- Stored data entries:
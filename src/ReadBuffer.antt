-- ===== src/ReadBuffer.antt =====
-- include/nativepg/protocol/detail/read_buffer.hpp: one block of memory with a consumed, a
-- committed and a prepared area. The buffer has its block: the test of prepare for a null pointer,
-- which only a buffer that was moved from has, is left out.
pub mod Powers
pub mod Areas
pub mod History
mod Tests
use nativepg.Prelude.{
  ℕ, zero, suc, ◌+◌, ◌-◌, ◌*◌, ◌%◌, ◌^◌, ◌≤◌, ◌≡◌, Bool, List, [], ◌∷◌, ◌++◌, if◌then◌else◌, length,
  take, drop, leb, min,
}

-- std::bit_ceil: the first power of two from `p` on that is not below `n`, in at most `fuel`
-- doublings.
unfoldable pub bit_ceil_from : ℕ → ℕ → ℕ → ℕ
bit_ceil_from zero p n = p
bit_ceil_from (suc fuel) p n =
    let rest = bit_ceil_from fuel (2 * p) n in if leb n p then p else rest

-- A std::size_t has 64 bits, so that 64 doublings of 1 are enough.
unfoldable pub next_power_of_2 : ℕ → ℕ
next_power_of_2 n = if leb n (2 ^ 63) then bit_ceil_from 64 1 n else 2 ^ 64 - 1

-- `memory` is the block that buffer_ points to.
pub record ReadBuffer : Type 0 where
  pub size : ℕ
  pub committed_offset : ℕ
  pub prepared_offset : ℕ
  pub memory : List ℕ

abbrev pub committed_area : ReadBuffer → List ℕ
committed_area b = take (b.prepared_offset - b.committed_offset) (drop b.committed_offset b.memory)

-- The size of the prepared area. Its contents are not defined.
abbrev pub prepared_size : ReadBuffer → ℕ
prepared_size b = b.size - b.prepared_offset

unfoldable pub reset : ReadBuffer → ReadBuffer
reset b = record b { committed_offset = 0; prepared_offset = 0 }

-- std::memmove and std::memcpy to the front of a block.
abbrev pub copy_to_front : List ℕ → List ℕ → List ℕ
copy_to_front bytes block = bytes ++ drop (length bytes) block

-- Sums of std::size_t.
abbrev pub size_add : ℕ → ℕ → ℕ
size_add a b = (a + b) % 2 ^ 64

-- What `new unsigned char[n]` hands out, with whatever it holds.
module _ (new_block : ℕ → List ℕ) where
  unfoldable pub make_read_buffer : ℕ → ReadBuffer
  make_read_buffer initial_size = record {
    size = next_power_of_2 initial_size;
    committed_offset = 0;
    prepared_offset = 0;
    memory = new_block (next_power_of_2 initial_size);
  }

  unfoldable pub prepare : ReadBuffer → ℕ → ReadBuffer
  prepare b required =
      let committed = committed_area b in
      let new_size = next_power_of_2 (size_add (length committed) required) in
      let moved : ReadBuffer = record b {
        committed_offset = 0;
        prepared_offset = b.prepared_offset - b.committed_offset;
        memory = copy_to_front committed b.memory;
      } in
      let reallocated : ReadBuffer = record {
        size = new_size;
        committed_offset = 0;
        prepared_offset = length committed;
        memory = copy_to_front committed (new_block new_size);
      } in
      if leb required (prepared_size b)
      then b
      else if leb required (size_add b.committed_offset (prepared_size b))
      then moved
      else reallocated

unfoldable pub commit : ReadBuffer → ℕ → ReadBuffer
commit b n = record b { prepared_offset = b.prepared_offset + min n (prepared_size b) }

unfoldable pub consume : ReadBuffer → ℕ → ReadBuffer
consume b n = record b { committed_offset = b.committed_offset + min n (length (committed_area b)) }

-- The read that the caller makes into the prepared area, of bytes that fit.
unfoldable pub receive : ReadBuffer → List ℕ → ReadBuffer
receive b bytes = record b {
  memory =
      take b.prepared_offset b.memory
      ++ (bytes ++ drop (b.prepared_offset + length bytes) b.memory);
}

- Problem description: Nothing in the records may be left out; copy them all exactly.

- Response area:
filename src/ReadBuffer.antt
-- ===== src/ReadBuffer.antt =====
-- include/nativepg/protocol/detail/read_buffer.hpp: one block of memory with a consumed, a
-- committed and a prepared area. The buffer has its block: the test of prepare for a null pointer,
-- which only a buffer that was moved from has, is left out.
pub mod Powers
pub mod Areas
pub mod History
mod Tests
use nativepg.Prelude.{
  ℕ, zero, suc, ◌+◌, ◌-◌, ◌*◌, ◌%◌, ◌^◌, ◌≤◌, ◌≡◌, Bool, List, [], ◌∷◌, ◌++◌, if◌then◌else◌, length,
  take, drop, leb, min,
}

-- std::bit_ceil: the first power of two from `p` on that is not below `n`, in at most `fuel`
-- doublings.
unfoldable pub bit_ceil_from : ℕ → ℕ → ℕ → ℕ
bit_ceil_from zero p n = p
bit_ceil_from (suc fuel) p n =
    let rest = bit_ceil_from fuel (2 * p) n in if leb n p then p else rest

-- A std::size_t has 64 bits, so that 64 doublings of 1 are enough.
unfoldable pub next_power_of_2 : ℕ → ℕ
next_power_of_2 n = if leb n (2 ^ 63) then bit_ceil_from 64 1 n else 2 ^ 64 - 1

-- `memory` is the block that buffer_ points to.
pub record ReadBuffer : Type 0 where
  pub size : ℕ
  pub committed_offset : ℕ
  pub prepared_offset : ℕ
  pub memory : List ℕ

abbrev pub committed_area : ReadBuffer → List ℕ
committed_area b = take (b.prepared_offset - b.committed_offset) (drop b.committed_offset b.memory)

-- The size of the prepared area. Its contents are not defined.
abbrev pub prepared_size : ReadBuffer → ℕ
prepared_size b = b.size - b.prepared_offset

unfoldable pub reset : ReadBuffer → ReadBuffer
reset b = record b { committed_offset = 0; prepared_offset = 0 }

-- std::memmove and std::memcpy to the front of a block.
abbrev pub copy_to_front : List ℕ → List ℕ → List ℕ
copy_to_front bytes block = bytes ++ drop (length bytes) block

-- Sums of std::size_t.
abbrev pub size_add : ℕ → ℕ → ℕ
size_add a b = (a + b) % 2 ^ 64

-- What `new unsigned char[n]` hands out, with whatever it holds.
module _ (new_block : ℕ → List ℕ) where
  unfoldable pub make_read_buffer : ℕ → ReadBuffer
  make_read_buffer initial_size = record {
    size = next_power_of_2 initial_size;
    committed_offset = 0;
    prepared_offset = 0;
    memory = new_block (next_power_of_2 initial_size);
  }

  unfoldable pub prepare : ReadBuffer → ℕ → ReadBuffer
  prepare b required =
      let committed = committed_area b in
      let new_size = next_power_of_2 (size_add (length committed) required) in
      let moved : ReadBuffer = record b {
        committed_offset = 0;
        prepared_offset = b.prepared_offset - b.committed_offset;
        memory = copy_to_front committed b.memory;
      } in
      let reallocated : ReadBuffer = record {
        size = new_size;
        committed_offset = 0;
        prepared_offset = length committed;
        memory = copy_to_front committed (new_block new_size);
      } in
      if leb required (prepared_size b)
      then b
      else if leb required (size_add b.committed_offset (prepared_size b))
      then moved
      else reallocated

unfoldable pub commit : ReadBuffer → ℕ → ReadBuffer
commit b n = record b { prepared_offset = b.prepared_offset + min n (prepared_size b) }

unfoldable pub consume : ReadBuffer → ℕ → ReadBuffer
consume b n = record b { committed_offset = b.committed_offset + min n (length (committed_area b)) }

-- The read that the caller makes into the prepared area, of bytes that fit.
unfoldable pub receive : ReadBuffer → List ℕ → ReadBuffer
receive b bytes = record b {
  memory =
      take b.prepared_offset b.memory
      ++ (bytes ++ drop (b.prepared_offset + length bytes) b.memory);
}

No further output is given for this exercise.